Characterization of intervertebral disc aging -: Longitudinal analysis of a rabbit model by magnetic resonance imaging, histology, and gene expression

Study Design. A cohort of young, healthy New Zealand White rabbits was followed longitudinally with serial magnetic resonance imaging (MRI) analysis and terminal analysis of histologic changes and gene expression. Objective. To examine the changes observed during normal aging in the intervertebral disc. Summary of Background Data. Although there is a correlation between aging and the onset of intervertebral disc degeneration (IDD), evidence suggests that distinct pathways are involved in these processes. Our group has characterized a reproducible rabbit model of IDD by MRI, radiograph, histology, and mRNA expression. However, no similar analysis has been performed longitudinally for intervertebral disc aging to allow comparison of these 2 important processes. Methods. Four skeletally mature female NZW rabbits were housed for 122 weeks, and lumbar spine MRIs were characterized serially. Histologic and quantitative gene expression analysis of the nucleus pulposus of these aging animals was performed, and compared with adult and young rabbits. Results. Mean MRI index decreased by < 25% through 120 weeks.
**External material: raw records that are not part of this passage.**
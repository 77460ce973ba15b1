-- ===== src/Xdrv/Gestures/State.antt =====
-- What the gesture filter of src/xdrv/wcmTouchFilter.c reads and writes of `WacomCommonRec`, and what it
-- posts.
use linuxwacom.Prelude.{
  ℕ, zero, suc, ◌+◌, ◌-◌, ◌%◌, ◌^◌, ◌==◌, Bool, true, false, List, ◌∷◌, when, nonzero,
}
use linuxwacom.Prelude.Int.{ℤ}
use linuxwacom.Xdrv.Events.{DeviceState, Rotate}

abbrev pub tap_mode : ℕ
tap_mode = 1

abbrev pub scroll_mode : ℕ
scroll_mode = 2

abbrev pub zoom_mode : ℕ
zoom_mode = 4

abbrev pub lag_mode : ℕ
lag_mode = 8

-- The buttons of the scroll events.
abbrev pub scroll_up : ℕ
scroll_up = 5

abbrev pub scroll_down : ℕ
scroll_down = 4

abbrev pub scroll_left : ℕ
scroll_left = 7

abbrev pub scroll_right : ℕ
scroll_right = 6

-- WACOM_HORIZ_ALLOWED and WACOM_VERT_ALLOWED
abbrev pub horiz_allowed : ℕ
horiz_allowed = 1

abbrev pub vert_allowed : ℕ
vert_allowed = 2

-- WACOM_INLINE_DISTANCE
abbrev pub inline_distance : ℕ
inline_distance = 40

-- XK_Control_L, XK_plus and XK_minus
pub data Keysym : Type 0 where
  control_l plus minus : Keysym

-- What is posted: a button with its state, a key with its state, or `xf86WcmSoftOutEvent`.
pub data Post : Type 0 where
  button : ℕ → ℕ → Post
  keysym : Keysym → ℕ → Post
  prox_out : Post

-- What a call reads: the last two states of the channels of both fingers, `GetTimeInMillis`, the
-- settings `wcmTapTime`, `wcmScrollDistance`, `wcmZoomDistance` and `wcmGesture`, whether the device is
-- absolute, and what `xf86WcmRotateCoordinates` reads. Times are patterns of 32 bits. `apart` and
-- `zoomed` are the floating-point arithmetic on `touchDistance`: `abs` of the difference of the
-- distances of two pairs of states, and the distance of the second pair, cut to an `int`, taken from
-- that of the first.
pub record Fingers : Type 0 where
  pub ds0 : DeviceState
  pub ds1 : DeviceState
  pub last0 : DeviceState
  pub last1 : DeviceState
  pub time : ℕ
  pub tap_time : ℕ
  pub scroll_distance : ℕ
  pub zoom_distance : ℕ
  pub enabled : Bool
  pub absolute : Bool
  pub rotation : Rotate
  pub max_x : ℤ
  pub max_y : ℤ
  pub apart : DeviceState × DeviceState → DeviceState × DeviceState → ℕ
  pub zoomed : DeviceState × DeviceState → DeviceState × DeviceState → ℤ

-- What a call changes: `wcmGestureMode`, `wcmTouchpadMode`, `wcmScrollDirection`, `wcmGestureUsed`,
-- `wcmGestureState`, the static `tmpStamp`, the buttons in the state of the first finger, `oldButtons`,
-- and what has been posted, the newest first.
pub record Gesture : Type 0 where
  pub mode : ℕ
  pub touchpad : Bool
  pub direction : ℕ
  pub used : ℕ
  pub initial0 : DeviceState
  pub initial1 : DeviceState
  pub stamp : ℕ
  pub buttons : ℕ
  pub old_buttons : ℕ
  pub posted : List Post

abbrev pub near : DeviceState → Bool
near ds = nonzero ds.proximity

-- `GetTimeInMillis() - sample`, unsigned.
abbrev pub since : ℕ → ℕ → ℕ
since time sample = (time + 2 ^ 32 - sample) % 2 ^ 32

unfoldable pub post : Post → Gesture → Gesture
post p g = record g { posted = p ∷ g.posted }

abbrev pub soft_out : Gesture → Gesture
soft_out g = post prox_out g

-- `xf86WcmSendButtonClick`
unfoldable pub send_click : ℕ → ℕ → Gesture → Gesture
send_click n state g = when (n == 1) (λ s. record s { old_buttons = 0 }) (post (button n state) g)

-- The loop that sends `n` clicks of a button, or strokes of a key.
unfoldable pub repeat : (Bool → Gesture → Gesture) → ℕ → Gesture → Gesture
repeat send zero g = g
repeat send (suc n) g = repeat send n (send false (send true g))
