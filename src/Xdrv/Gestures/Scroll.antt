-- ===== src/Xdrv/Gestures/Scroll.antt =====
-- `xf86WcmFingerScroll`, `xf86WcmSendScrollEvent` and `pointsInLine` (src/xdrv/wcmTouchFilter.c).
use linuxwacom.Prelude.{
  ℕ, ◌+◌, ◌-◌, ◌*◌, ◌/◌, ◌==◌, Bool, true, false, not, ◌&&◌, ◌||◌, ltb, if◌then◌else◌, nonzero,
  flag, ◌|>◌,
}
use linuxwacom.Prelude.Int.{ℤ, pos, ◌+ℤ◌, ◌-ℤ◌, abs_ℕ, ltb_ℤ}
use linuxwacom.Xdrv.Events.{DeviceState, apart, rotate}
use linuxwacom.Xdrv.Filter.{quotient}
use linuxwacom.Xdrv.Gestures.State.{
  Fingers, Gesture, near, send_click, repeat, scroll_mode, scroll_up, scroll_down, scroll_left,
  scroll_right, horiz_allowed, vert_allowed, inline_distance,
}

-- `pointsInLine`: the answer and the direction.
unfoldable pub points_in_line : ℕ → DeviceState → DeviceState → Bool × ℕ
points_in_line direction a b =
    let dx = apart a.x b.x in
    let dy = apart a.y b.y in
    if direction == 0
    then (if ltb dy inline_distance && ltb inline_distance dx
        then (true, horiz_allowed)
        else if ltb dx inline_distance && ltb inline_distance dy
        then (true, vert_allowed)
        else (false, direction))
    else if direction == horiz_allowed
    then (ltb dy inline_distance, direction)
    else if direction == vert_allowed
    then (ltb dx inline_distance, direction)
    else (false, direction)

-- `(int)((double)abs(dist) / (double)distance + 0.5)`
unfoldable pub steps : ℤ → ℕ → ℕ
steps dist distance = (2 * abs_ℕ dist + distance) / (2 * distance)

-- "reset the initial states for the new getsure"
abbrev pub restart : Fingers → Gesture → Gesture
restart f g = record g { initial0 = f.ds0; initial1 = f.ds1; used = 0 }

-- `xf86WcmSendScrollEvent`
unfoldable pub send_scroll_event : Fingers → ℤ → ℕ → ℕ → Gesture → Gesture
send_scroll_event f dist up down g =
    let n = if ltb_ℤ (pos 0) dist then up else down in
    let count = steps dist f.scroll_distance in
    let s = repeat (λ pressed. send_click n (flag pressed)) (count - g.used) g in
    if ltb count g.used then restart f g else record s { used = count }

-- Whether the fingers move together in a line: the scroll mode is entered.
unfoldable pub enter_scroll : Fingers → Gesture → Gesture
enter_scroll f g =
    let (first, direction0) = points_in_line g.direction f.ds0 g.initial0 in
    let (second, direction1) = points_in_line direction0 f.ds1 g.initial1 in
    let s = record g { direction = if first then direction1 else direction0 } in
    if g.mode == scroll_mode
      || not (ltb (f.apart (f.ds0, f.ds1) (g.initial0, g.initial1)) inline_distance)
    then g
    else if first && second && nonzero s.direction
    then s |> send_click 1 0 |> (λ t. record t { mode = scroll_mode })
    else s

-- The distance of the middle of two points, or of the one whose finger is there, from its old one.
unfoldable pub middle_moved : Bool → Bool → ℤ → ℤ → ℤ → ℤ → ℤ
middle_moved in0 in1 new0 new1 old0 old1 =
    if not in1
    then old0 -ℤ new0
    else if not in0
    then old1 -ℤ new1
    else quotient (old0 +ℤ old1) 2 -ℤ quotient (new0 +ℤ new1) 2

-- The position of a finger, rotated.
abbrev pub turned : Fingers → DeviceState → ℤ × ℤ
turned f ds = rotate f.rotation f.max_x f.max_y (ds.x, ds.y)

unfoldable pub moved_x : Fingers → Gesture → ℤ
moved_x f g =
    middle_moved (near f.ds0) (near f.ds1) (turned f f.ds0).0 (turned f f.ds1).0
      (turned f g.initial0).0 (turned f g.initial1).0

unfoldable pub moved_y : Fingers → Gesture → ℤ
moved_y f g =
    middle_moved (near f.ds0) (near f.ds1) (turned f f.ds0).1 (turned f f.ds1).1
      (turned f g.initial0).1 (turned f g.initial1).1

-- The scroll event of the direction.
unfoldable pub scroll : Fingers → Gesture → Gesture
scroll f g =
    if g.direction == vert_allowed
    then send_scroll_event f (moved_y f g) scroll_up scroll_down g
    else if g.direction == horiz_allowed
    then send_scroll_event f (moved_x f g) scroll_right scroll_left g
    else g

-- `xf86WcmFingerScroll`
unfoldable pub finger_scroll : Fingers → Gesture → Gesture
finger_scroll f g = let s = enter_scroll f g in if s.mode == scroll_mode then scroll f s else s
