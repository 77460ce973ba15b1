-- ===== src/Xdrv/Gestures/Zoom.antt =====
-- `xf86WcmFingerZoom` (src/xdrv/wcmTouchFilter.c).
use linuxwacom.Prelude.{◌-◌, ◌*◌, ◌==◌, not, ◌&&◌, ltb, if◌then◌else◌, flag, when, ◌|>◌}
use linuxwacom.Prelude.Int.{pos, ltb_ℤ}
use linuxwacom.Xdrv.Gestures.State.{
  control_l, plus, minus, keysym, Fingers, Gesture, post, send_click, repeat, zoom_mode,
  inline_distance,
}
use linuxwacom.Xdrv.Gestures.Scroll.{steps, restart}

-- "two fingers moved apart from each other": the zoom mode is entered.
unfoldable pub enter_zoom : Fingers → Gesture → Gesture
enter_zoom f g =
    when
      (not (g.mode == zoom_mode)
        && ltb (3 * inline_distance) (f.apart (f.ds0, f.ds1) (g.initial0, g.initial1)))
      (λ s. s |> send_click 1 0 |> (λ t. record t { mode = zoom_mode })) g

-- The strokes of the key while Control is down.
unfoldable pub zoom : Fingers → Gesture → Gesture
zoom f g =
    let dist = f.zoomed (f.ds0, f.ds1) (g.initial0, g.initial1) in
    let count = steps dist f.zoom_distance in
    let k = if ltb_ℤ (pos 0) dist then plus else minus in
    let s =
      g
      |> post (keysym control_l 1)
      |> repeat (λ pressed. post (keysym k (flag pressed))) (count - g.used)
      |> post (keysym control_l 0) in
    if ltb count g.used then restart f g else record s { used = count }

unfoldable pub finger_zoom : Fingers → Gesture → Gesture
finger_zoom f g = let s = enter_zoom f g in if s.mode == zoom_mode then zoom f s else s
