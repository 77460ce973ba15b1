-- ===== src/Xdrv/Gestures.antt =====
-- src/xdrv/wcmTouchFilter.c: the gestures of two fingers, built with WCM_KEY_SENDING_SUPPORT.
pub mod Scroll
pub mod Zoom
pub mod Clicks
pub mod Modes
pub mod State
use linuxwacom.Prelude.{
  ℕ, ◌+◌, ◌-◌, ◌*◌, ◌%◌, ◌^◌, ◌==◌, Bool, true, false, not, ◌&&◌, ◌||◌, ltb, leb, bit_and, bit_or,
  if◌then◌else◌, has, nonzero, when, ◌|>◌,
}
use linuxwacom.Prelude.Int.{signed32, ◌-ℤ◌, abs_ℕ, ltb_ℤ}
use linuxwacom.Xdrv.Events.{DeviceState}
use linuxwacom.Xdrv.Gestures.State.{
  Fingers, Gesture, near, soft_out, send_click, tap_mode, scroll_mode, zoom_mode, lag_mode, since,
}
use linuxwacom.Xdrv.Gestures.Scroll.{finger_scroll}
use linuxwacom.Xdrv.Gestures.Zoom.{finger_zoom}

-- `xf86WcmFingerTapToClick`
unfoldable pub finger_tap_to_click : Fingers → Gesture → Gesture
finger_tap_to_click f g =
    when
      (ltb_ℤ (signed32 f.ds0.sample) (signed32 f.ds1.sample)
        && leb (since f.time f.last1.sample) f.tap_time
        && not (near f.ds1)
        && near f.last1)
      (λ s.
        s
        |> send_click 1 0
        |> (λ t. record t { mode = tap_mode })
        |> send_click 3 1
        |> send_click 3 0)
      g

-- `xf86WcmFirstFingerClick`: it changes the buttons of the state of the first finger, and keeps the time
-- when the finger left in its static `tmpStamp`.
unfoldable pub first_finger_click : Fingers → Gesture → Gesture
first_finger_click f g =
    if near f.ds0
    then (if g.touchpad
        then record g { buttons = bit_or g.buttons 1 }
        else if not (near f.last0)
            && leb (abs_ℕ (signed32 g.stamp -ℤ signed32 f.ds0.sample)) f.tap_time
        then record g { buttons = bit_or g.buttons 1; touchpad = true }
        else g)
    else record g {
      stamp = f.time;
      buttons = if g.touchpad then bit_and g.buttons (2 ^ 32 - 2) else g.buttons;
      touchpad = false;
    }

-- The mode by the time that the fingers have been there.
unfoldable pub lag : Fingers → Gesture → Gesture
lag f g =
    if near f.ds1 && g.mode == 0 && near f.last0
    then record g { touchpad = false; mode = lag_mode }
    else if near f.last0 && ltb (since f.time f.ds0.sample) 10
    then (if g.mode == 0 then record g { mode = lag_mode } else g)
    else if g.mode == lag_mode
    then record g { mode = 0 }
    else g

-- "keep the initial states for gesture mode"
unfoldable pub second_finger_in : Fingers → Gesture → Gesture
second_finger_in f g =
    when (near f.ds1 && not (near f.last1)) (λ s. record s { initial1 = f.ds1; used = 0 }) g

unfoldable pub first_finger_in : Fingers → Gesture → Gesture
first_finger_in f g =
    when (near f.ds0 && not (near f.last0)) (λ s. record s { initial0 = f.ds0; used = 0 }) g

-- Both fingers are out.
unfoldable pub leave : Fingers → Gesture → Gesture
leave f g =
    let s = when (not (near f.last0) && nonzero g.mode) soft_out g in
    record s { mode = 0; direction = 0; touchpad = false }

-- "was in zoom mode", "was in scroll mode", or "complex two finger gestures".
unfoldable pub two_fingers : Fingers → Gesture → Gesture
two_fingers f g =
    if has g.mode zoom_mode && near f.ds0 && near f.ds1
    then finger_zoom f g
    else if has g.mode scroll_mode
    then finger_scroll f g
    else if ltb (2 * f.tap_time) (since f.time f.ds0.sample)
        && ltb (2 * f.tap_time) (since f.time f.ds1.sample)
        && near f.ds0
        && near f.ds1
    then (let s = finger_scroll f g in if has s.mode scroll_mode then s else finger_zoom f s)
    else g

-- A finger is there: a tap, or a gesture of two fingers.
unfoldable pub active : Fingers → Gesture → Gesture
active f g =
    let s = when (not (has g.mode (scroll_mode + zoom_mode))) (finger_tap_to_click f) g in
    if has s.mode tap_mode || not (near f.last0) || not (near f.last1) then s else two_fingers f s

-- What stands before the label `ret`, while gestures are enabled.
unfoldable pub gesture : Fingers → ℕ → Gesture → Gesture
gesture f channel g =
    let s = g |> lag f |> second_finger_in f |> first_finger_in f in
    if near f.ds0 && not (near f.last0) && s.mode == 0 && channel == 0
    then s
    else if not (near f.ds0) && not (near f.ds1)
    then leave f s
    else active f s

-- `xf86WcmGestureFilter`, of a touch device.
unfoldable pub gesture_filter : Fingers → ℕ → Gesture → Gesture
gesture_filter f channel g =
    let s = if f.enabled then gesture f channel g else g in
    when (s.mode == 0 && channel == 0 && not f.absolute) (first_finger_click f) s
The histologic analysis showed changes in cell composition, with abundant notochordal cells in the young, chondrocyte-like cells and notochordal cells in the adult, and clusters of hypertrophic chondrocytes in the aging discs. The PCR analysis of the nucleus pulposus showed that gene expression of collagen decreased, whereas that for proteoglycans increased with aging. BMP-2, TIMP-1, and SOX-9 expression was significantly lower in the young compared with adult discs and TGF-beta 1 demonstrated lower gene expression in young and aging animals. Conclusion. Although dramatic cellular changes were observed, age-related MRI changes occurred in this rabbit model of normal aging at a much slower rate than in a previous injury model of degeneration. In addition, the gene expression analysis of the nucleus pulposus demonstrated remarkable differences between aging and injury induced degeneration. These results suggest that aging and injury contribute uniquely to the process of IDD.